PROBLEM DESCRIPTION — Within the entries below, find the portion that opens with the line containing "le, other)) lt" and closes with the line containing "once = λ no_more. refl;". Retype that portion exactly and only.

+-------+

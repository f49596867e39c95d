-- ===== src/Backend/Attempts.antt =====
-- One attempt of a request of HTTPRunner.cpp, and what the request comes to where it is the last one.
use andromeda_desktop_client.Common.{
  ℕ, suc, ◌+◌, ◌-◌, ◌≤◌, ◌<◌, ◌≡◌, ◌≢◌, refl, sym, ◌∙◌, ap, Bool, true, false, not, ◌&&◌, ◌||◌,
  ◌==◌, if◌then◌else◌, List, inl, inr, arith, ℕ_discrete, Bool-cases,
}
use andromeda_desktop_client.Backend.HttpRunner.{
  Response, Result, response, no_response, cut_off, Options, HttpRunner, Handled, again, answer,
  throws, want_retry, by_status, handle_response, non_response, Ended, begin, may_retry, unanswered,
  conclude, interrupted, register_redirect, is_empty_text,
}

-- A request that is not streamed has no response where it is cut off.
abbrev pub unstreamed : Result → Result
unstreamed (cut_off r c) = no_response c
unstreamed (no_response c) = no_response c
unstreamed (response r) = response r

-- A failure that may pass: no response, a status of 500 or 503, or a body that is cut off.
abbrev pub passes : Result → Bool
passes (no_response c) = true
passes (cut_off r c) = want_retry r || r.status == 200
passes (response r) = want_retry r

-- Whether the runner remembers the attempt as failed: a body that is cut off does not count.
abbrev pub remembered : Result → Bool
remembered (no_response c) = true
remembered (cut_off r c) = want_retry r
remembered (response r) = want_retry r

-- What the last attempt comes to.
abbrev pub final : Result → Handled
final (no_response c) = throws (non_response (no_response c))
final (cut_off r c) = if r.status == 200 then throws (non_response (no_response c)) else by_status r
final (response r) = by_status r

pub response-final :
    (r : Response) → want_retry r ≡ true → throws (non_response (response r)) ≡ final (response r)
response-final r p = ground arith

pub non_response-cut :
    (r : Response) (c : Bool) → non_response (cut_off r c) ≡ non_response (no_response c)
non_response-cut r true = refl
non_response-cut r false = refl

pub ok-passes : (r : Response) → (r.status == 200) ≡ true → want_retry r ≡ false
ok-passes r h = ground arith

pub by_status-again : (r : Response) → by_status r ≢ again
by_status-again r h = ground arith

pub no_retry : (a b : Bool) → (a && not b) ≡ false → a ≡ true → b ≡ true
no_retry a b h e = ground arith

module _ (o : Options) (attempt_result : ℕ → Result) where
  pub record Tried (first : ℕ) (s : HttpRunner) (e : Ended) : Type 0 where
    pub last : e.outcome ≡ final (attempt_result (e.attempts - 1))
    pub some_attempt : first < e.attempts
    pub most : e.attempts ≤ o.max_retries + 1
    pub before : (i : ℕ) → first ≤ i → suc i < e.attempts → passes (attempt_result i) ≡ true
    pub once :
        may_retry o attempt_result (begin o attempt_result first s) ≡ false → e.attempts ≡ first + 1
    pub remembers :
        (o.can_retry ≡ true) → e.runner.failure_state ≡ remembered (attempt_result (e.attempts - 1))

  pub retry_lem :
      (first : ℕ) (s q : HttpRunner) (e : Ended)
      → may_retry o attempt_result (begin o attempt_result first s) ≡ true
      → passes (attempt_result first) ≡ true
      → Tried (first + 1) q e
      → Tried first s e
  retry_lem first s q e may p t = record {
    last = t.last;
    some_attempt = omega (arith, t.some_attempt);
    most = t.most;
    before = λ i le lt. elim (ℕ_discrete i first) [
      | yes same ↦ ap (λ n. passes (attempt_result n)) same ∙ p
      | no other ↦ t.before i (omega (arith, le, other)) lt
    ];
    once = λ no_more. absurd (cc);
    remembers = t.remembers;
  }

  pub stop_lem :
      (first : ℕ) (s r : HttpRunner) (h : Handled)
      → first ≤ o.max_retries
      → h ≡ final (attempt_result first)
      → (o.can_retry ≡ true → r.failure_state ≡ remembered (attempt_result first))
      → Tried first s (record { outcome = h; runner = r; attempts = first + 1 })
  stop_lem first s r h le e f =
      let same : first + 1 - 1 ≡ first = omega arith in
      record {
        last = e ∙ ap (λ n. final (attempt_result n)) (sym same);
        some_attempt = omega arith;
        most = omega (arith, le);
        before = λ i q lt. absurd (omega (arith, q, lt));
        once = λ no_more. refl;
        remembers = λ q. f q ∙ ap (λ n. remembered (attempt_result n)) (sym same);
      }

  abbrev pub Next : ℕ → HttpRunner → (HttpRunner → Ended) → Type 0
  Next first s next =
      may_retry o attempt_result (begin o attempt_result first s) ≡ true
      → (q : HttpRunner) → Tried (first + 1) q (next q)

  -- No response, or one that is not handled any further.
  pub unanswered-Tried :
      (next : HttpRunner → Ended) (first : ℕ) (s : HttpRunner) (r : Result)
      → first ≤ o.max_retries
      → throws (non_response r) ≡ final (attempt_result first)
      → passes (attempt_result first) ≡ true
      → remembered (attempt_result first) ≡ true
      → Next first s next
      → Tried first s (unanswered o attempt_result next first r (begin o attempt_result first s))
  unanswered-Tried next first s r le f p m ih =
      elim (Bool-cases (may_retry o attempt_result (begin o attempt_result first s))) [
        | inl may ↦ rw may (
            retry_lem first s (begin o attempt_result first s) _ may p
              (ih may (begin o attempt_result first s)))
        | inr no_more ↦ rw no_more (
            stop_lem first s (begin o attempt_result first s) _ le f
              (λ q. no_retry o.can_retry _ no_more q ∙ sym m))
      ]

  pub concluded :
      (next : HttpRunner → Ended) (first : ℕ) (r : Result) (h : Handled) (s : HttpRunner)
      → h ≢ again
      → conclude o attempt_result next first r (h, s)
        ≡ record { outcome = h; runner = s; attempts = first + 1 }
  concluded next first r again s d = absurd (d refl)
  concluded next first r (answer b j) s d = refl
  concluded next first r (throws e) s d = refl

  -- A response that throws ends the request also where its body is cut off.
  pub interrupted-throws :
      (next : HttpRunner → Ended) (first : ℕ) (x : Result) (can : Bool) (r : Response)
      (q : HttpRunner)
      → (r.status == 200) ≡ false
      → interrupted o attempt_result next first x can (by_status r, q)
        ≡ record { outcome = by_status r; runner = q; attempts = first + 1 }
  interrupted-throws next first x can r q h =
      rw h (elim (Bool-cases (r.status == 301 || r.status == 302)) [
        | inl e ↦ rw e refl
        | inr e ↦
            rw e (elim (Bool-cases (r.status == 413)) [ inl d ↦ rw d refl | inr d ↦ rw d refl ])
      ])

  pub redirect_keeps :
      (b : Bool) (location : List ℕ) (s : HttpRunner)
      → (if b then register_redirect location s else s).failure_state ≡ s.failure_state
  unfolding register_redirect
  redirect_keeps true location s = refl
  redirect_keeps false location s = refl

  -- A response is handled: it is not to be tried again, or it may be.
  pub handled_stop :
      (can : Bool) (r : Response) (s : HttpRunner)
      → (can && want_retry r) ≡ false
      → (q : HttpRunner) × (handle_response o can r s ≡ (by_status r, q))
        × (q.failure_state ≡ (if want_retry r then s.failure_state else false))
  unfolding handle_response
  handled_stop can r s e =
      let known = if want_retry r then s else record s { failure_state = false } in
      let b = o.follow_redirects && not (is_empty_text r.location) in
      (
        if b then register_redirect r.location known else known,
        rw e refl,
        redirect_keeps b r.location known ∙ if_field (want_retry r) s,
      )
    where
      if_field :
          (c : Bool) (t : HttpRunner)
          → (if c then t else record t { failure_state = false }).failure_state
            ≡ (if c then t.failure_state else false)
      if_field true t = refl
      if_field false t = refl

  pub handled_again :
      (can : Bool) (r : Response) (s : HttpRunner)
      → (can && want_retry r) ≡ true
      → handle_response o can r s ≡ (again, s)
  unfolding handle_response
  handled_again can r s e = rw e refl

+-------+

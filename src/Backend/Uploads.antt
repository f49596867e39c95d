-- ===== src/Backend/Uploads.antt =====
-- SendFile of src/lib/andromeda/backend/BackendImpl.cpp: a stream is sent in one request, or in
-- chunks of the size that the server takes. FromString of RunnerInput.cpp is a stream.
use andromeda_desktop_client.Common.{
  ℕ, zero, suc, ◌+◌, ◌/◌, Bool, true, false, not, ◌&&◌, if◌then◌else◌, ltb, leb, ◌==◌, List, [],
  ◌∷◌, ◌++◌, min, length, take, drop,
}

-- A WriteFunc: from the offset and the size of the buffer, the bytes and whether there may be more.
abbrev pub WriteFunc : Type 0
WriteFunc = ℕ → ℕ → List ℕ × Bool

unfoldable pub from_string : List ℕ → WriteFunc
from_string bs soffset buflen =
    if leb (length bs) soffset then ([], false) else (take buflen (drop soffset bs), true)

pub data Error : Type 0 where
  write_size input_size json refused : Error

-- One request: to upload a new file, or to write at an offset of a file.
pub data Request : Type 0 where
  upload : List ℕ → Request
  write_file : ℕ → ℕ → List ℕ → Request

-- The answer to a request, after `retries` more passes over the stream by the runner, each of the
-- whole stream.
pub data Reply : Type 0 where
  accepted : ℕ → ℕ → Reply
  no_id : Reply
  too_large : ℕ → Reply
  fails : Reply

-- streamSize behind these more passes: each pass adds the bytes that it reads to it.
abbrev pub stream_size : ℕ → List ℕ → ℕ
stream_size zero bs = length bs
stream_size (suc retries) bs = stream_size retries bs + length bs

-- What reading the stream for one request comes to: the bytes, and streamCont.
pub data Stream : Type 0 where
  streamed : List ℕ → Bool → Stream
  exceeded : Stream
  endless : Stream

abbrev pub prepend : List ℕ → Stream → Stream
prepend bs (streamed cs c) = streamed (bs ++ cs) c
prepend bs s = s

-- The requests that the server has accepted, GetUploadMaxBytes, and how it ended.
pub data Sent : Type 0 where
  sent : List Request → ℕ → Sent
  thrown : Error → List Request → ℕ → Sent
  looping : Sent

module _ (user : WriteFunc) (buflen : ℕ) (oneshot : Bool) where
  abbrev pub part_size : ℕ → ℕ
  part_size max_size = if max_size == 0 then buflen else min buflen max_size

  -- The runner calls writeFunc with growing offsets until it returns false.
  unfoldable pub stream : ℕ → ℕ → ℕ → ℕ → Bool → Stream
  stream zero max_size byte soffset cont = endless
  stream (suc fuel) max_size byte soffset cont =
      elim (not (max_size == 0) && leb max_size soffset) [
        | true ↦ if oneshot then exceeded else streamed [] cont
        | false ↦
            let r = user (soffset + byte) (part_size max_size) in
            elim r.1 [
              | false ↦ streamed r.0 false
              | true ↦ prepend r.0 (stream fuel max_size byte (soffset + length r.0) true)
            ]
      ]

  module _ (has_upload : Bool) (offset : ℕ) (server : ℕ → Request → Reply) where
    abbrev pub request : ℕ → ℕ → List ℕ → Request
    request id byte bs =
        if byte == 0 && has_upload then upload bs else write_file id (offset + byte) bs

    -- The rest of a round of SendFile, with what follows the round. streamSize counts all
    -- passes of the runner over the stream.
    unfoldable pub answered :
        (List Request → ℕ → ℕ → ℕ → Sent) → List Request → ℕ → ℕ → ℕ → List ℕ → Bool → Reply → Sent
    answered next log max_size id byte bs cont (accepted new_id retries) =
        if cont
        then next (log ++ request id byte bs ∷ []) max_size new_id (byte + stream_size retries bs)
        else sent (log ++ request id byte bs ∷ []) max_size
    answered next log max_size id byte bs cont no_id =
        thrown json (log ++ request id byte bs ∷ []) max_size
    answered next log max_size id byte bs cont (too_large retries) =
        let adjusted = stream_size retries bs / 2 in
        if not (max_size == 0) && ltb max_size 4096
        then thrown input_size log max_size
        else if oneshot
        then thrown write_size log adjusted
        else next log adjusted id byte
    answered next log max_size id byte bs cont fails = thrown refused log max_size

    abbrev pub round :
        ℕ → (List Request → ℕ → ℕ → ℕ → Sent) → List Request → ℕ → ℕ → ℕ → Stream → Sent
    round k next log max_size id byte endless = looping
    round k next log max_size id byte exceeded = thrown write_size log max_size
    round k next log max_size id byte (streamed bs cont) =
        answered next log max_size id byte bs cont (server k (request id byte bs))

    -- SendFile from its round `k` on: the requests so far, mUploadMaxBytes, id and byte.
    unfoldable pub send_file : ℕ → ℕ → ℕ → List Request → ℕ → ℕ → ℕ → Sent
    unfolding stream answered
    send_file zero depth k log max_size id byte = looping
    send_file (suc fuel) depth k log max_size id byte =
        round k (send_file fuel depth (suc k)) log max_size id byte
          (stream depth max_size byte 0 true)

+-------+

OUTPUT FOR THIS TASK —
      | no other ↦ t.before i (omega (arith, le, other)) lt
    ];
    once = λ no_more. absurd (cc);
    remembers = t.remembers;
  }

  pub stop_lem :
      (first : ℕ) (s r : HttpRunner) (h : Handled)
      → first ≤ o.max_retries
      → h ≡ final (attempt_result first)
      → (o.can_retry ≡ true → r.failure_state ≡ remembered (attempt_result first))
      → Tried first s (record { outcome = h; runner = r; attempts = first + 1 })
  stop_lem first s r h le e f =
      let same : first + 1 - 1 ≡ first = omega arith in
      record {
        last = e ∙ ap (λ n. final (attempt_result n)) (sym same);
        some_attempt = omega arith;
        most = omega (arith, le);
        before = λ i q lt. absurd (omega (arith, q, lt));
        once = λ no_more. refl;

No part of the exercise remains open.